Dataset entries

———

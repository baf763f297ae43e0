-- ===== src/Tx/Entries.antt =====
-- What the registering of an account does to the entries of a cache (src/database.cpp:
-- `SaveAccountInfo`, `GetKeyId` and `EraseId`).
use dacrs.Base.{
  Option, none, some, ◌≡◌, Bool-cases, Option-cases, inl, inr, arith, ◌==◌, if◌then◌else◌, false,
}
use dacrs.Base.Dict.{lookup, lookup-put, put-IsMap, same_bytes, nat_key, bytes_key}
use dacrs.Account.{Account, KeyId, RegId}
use dacrs.Views.{
  AccountViewCache, AccountView, database, cached, is_empty, present, present_key, get_key_id_of,
  erase_key_id, keep_key_id, keep_key_erased,
}
use dacrs.Views.Observe.{account_of, key_of, layered, layered_key, SameView}
use dacrs.Views.Reads.{get_key_id_of-Read}
use dacrs.Views.Writes.{KeyIdIs, erase_key_id-KeyIdIs}
use dacrs.Views.Batch.{save_account_info}
use dacrs.Views.Layer.{IsLayer, IsCache}

-- A cache in which exactly one account and one registered id differ.
pub record Entered (key : KeyId) (acc : Option Account) (id : RegId) (leads : Option KeyId)
    (v w : AccountView) : Type 0 where
  pub accounts : (j : KeyId) → account_of j w ≡ (if j == key then acc else account_of j v)
  pub key_ids : (i : RegId) → key_of i w ≡ (if same_bytes i id then leads else key_of i v)
  pub cache : IsCache w

pub save_account_info-Entered :
    (id : RegId) (key : KeyId) (acc : Account) (v : AccountView)
    → IsCache v
    → is_empty id ≡ false
    → Entered key (present acc) id (present_key key) v (save_account_info id key acc v)
unfolding save_account_info account_of key_of layered layered_key
save_account_info-Entered id key acc (database db) h some_id = absurd h.layer
save_account_info-Entered id key acc (cached c base) h some_id = record {
  accounts = λ j. rw lookup-put (ground (arith));
  key_ids = λ i. rw lookup-put (ground (arith, bytes_key.same_iff i id));
  cache = record {
    sound = (
      put-IsMap key acc c.cache_accounts h.sound.0,
      put-IsMap id key c.cache_key_ids h.sound.1,
      h.sound.2,
    );
    layer = tt;
  };
}

keep_key_id-IsLayer :
    (id : RegId) (c : AccountViewCache) (r : Option KeyId × AccountView)
    → IsLayer (keep_key_id id c r).1
keep_key_id-IsLayer id c (none, b) = tt
keep_key_id-IsLayer id c (some key, b) = tt

get_key_id_of-IsLayer : (id : RegId) (v : AccountView) → IsLayer v → IsLayer (get_key_id_of id v).1
unfolding get_key_id_of
get_key_id_of-IsLayer id (database db) h = absurd h
get_key_id_of-IsLayer id (cached c base) h = elim (Bool-cases (is_empty id)) [
  | inl f ↦ rw f tt
  | inr f ↦ elim (Option-cases (lookup id c.cache_key_ids)) [
    | inl e ↦ rw (f, e) (keep_key_id-IsLayer id c (get_key_id_of id base))
    | inr (key, e) ↦ rw (f, e) tt
  ]
]

-- What `GetKeyId` of a registered id finds in a cache, and leaves.
pub record GotKey (found : Option KeyId) (v : AccountView) (r : Option KeyId × AccountView)
    : Type 0 where
  pub result : r.0 ≡ found
  pub same : SameView r.1 v
  pub cache : IsCache r.1

pub get_key_id_of-GotKey :
    (id : RegId) (v : AccountView) → IsCache v → GotKey (key_of id v) v (get_key_id_of id v)
get_key_id_of-GotKey id v h =
    let read = get_key_id_of-Read id v h.sound in
    record {
      result = read.result;
      same = read.same;
      cache = record { sound = read.sound; layer = get_key_id_of-IsLayer id v h.layer };
    }

keep_key_erased-IsLayer :
    (id : RegId) (c : AccountViewCache) (r : Option KeyId × AccountView)
    → IsLayer (keep_key_erased id c r)
keep_key_erased-IsLayer id c (none, b) = tt
keep_key_erased-IsLayer id c (some key, b) = tt

erase_key_id-IsLayer :
    (id : RegId) (c : AccountViewCache) (base : AccountView)
    → IsLayer (erase_key_id id (cached c base)).1
unfolding erase_key_id
erase_key_id-IsLayer id c base = elim (Bool-cases (is_empty id)) [
  | inl f ↦ rw f tt
  | inr f ↦ rw f (elim (Option-cases (lookup id c.cache_key_ids)) [
    | inl e ↦ rw e (keep_key_erased-IsLayer id c (get_key_id_of id base))
    | inr (key, e) ↦ rw e tt
  ])
]

-- A cache in which exactly one registered id differs.
pub record PutKey (id : RegId) (found : Option KeyId) (v w : AccountView) : Type 0 where
  pub is : KeyIdIs id found v w
  pub cache : IsCache w

pub erase_key_id-PutKey :
    (id : RegId) (v : AccountView) → IsCache v → PutKey id none v (erase_key_id id v).1
erase_key_id-PutKey id (database db) h = absurd h.layer
erase_key_id-PutKey id (cached c base) h =
    let erased = erase_key_id-KeyIdIs c base h.sound id in
    record {
      is = erased;
      cache = record { sound = erased.sound; layer = erase_key_id-IsLayer id c base };
    }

———

What the task asks
Repeat exactly the lines of the listing from its first line through the line that holds "is_empty id ≡ false". Nothing else should appear.

Result
repository baf763f297ae43e0
-- ===== src/Tx/Entries.antt =====
-- What the registering of an account does to the entries of a cache (src/database.cpp:
-- `SaveAccountInfo`, `GetKeyId` and `EraseId`).
use dacrs.Base.{
  Option, none, some, ◌≡◌, Bool-cases, Option-cases, inl, inr, arith, ◌==◌, if◌then◌else◌, false,
}
use dacrs.Base.Dict.{lookup, lookup-put, put-IsMap, same_bytes, nat_key, bytes_key}
use dacrs.Account.{Account, KeyId, RegId}
use dacrs.Views.{
  AccountViewCache, AccountView, database, cached, is_empty, present, present_key, get_key_id_of,
  erase_key_id, keep_key_id, keep_key_erased,
}
use dacrs.Views.Observe.{account_of, key_of, layered, layered_key, SameView}
use dacrs.Views.Reads.{get_key_id_of-Read}
use dacrs.Views.Writes.{KeyIdIs, erase_key_id-KeyIdIs}
use dacrs.Views.Batch.{save_account_info}
use dacrs.Views.Layer.{IsLayer, IsCache}

-- A cache in which exactly one account and one registered id differ.
pub record Entered (key : KeyId) (acc : Option Account) (id : RegId) (leads : Option KeyId)
    (v w : AccountView) : Type 0 where
  pub accounts : (j : KeyId) → account_of j w ≡ (if j == key then acc else account_of j v)
  pub key_ids : (i : RegId) → key_of i w ≡ (if same_bytes i id then leads else key_of i v)
  pub cache : IsCache w

pub save_account_info-Entered :
    (id : RegId) (key : KeyId) (acc : Account) (v : AccountView)
    → IsCache v
    → is_empty id ≡ false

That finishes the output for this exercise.